Exercise goal
Transcribe, without alteration, the line that includes "get_queue_prefix queue = (get_queue_parts" and each line after it until the records end, omitting all that precede it.

The records
************

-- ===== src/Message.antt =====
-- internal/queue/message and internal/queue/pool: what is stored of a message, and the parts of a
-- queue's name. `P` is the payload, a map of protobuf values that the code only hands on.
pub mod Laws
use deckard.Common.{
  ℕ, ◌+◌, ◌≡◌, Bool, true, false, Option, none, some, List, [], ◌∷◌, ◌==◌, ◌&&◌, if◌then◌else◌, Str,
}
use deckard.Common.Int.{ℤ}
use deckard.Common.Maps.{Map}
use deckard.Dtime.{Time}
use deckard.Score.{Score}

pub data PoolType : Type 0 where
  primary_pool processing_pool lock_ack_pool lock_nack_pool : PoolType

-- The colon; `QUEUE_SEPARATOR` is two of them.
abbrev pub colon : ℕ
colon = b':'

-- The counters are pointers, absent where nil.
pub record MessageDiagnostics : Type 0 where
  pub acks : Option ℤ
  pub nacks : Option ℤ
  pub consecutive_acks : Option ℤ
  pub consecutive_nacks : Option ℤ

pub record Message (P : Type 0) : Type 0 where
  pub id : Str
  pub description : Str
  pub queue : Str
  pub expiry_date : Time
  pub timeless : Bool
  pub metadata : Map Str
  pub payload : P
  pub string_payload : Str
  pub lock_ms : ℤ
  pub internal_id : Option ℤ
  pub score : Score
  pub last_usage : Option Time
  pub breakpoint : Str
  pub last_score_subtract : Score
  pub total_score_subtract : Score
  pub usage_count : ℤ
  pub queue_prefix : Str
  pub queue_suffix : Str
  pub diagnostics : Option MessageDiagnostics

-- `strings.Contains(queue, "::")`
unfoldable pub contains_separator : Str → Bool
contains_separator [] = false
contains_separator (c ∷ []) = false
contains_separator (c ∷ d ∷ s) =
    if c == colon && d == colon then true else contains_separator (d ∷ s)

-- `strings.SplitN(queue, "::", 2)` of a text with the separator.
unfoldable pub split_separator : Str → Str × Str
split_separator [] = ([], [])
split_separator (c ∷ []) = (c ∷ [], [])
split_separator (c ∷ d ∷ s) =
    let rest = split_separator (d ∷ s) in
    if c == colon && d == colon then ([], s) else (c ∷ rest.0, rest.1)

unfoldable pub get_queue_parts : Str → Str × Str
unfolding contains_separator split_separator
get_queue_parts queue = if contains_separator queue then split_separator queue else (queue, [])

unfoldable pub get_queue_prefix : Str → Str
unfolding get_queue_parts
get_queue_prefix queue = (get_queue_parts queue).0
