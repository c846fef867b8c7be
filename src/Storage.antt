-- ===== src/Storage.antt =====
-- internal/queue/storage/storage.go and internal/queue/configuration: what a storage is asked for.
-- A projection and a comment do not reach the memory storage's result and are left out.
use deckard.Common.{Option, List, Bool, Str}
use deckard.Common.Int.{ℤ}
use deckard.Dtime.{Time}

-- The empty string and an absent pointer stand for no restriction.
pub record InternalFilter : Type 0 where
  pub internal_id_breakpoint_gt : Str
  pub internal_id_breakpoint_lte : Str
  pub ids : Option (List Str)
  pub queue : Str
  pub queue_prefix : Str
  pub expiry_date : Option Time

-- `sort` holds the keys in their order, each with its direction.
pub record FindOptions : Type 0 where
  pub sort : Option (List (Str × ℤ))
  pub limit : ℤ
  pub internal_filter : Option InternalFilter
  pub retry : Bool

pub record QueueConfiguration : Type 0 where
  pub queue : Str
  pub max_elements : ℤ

************

Your response
get_queue_prefix queue = (get_queue_parts queue).0
repository c846fef867b8c7be
filename src/Storage.antt
-- ===== src/Storage.antt =====
-- internal/queue/storage/storage.go and internal/queue/configuration: what a storage is asked for.
-- A projection and a comment do not reach the memory storage's result and are left out.
use deckard.Common.{Option, List, Bool, Str}
use deckard.Common.Int.{ℤ}
use deckard.Dtime.{Time}

-- The empty string and an absent pointer stand for no restriction.
pub record InternalFilter : Type 0 where
  pub internal_id_breakpoint_gt : Str
  pub internal_id_breakpoint_lte : Str
  pub ids : Option (List Str)
  pub queue : Str
  pub queue_prefix : Str
  pub expiry_date : Option Time

-- `sort` holds the keys in their order, each with its direction.
pub record FindOptions : Type 0 where
  pub sort : Option (List (Str × ℤ))
  pub limit : ℤ
  pub internal_filter : Option InternalFilter
  pub retry : Bool

pub record QueueConfiguration : Type 0 where
  pub queue : Str
  pub max_elements : ℤ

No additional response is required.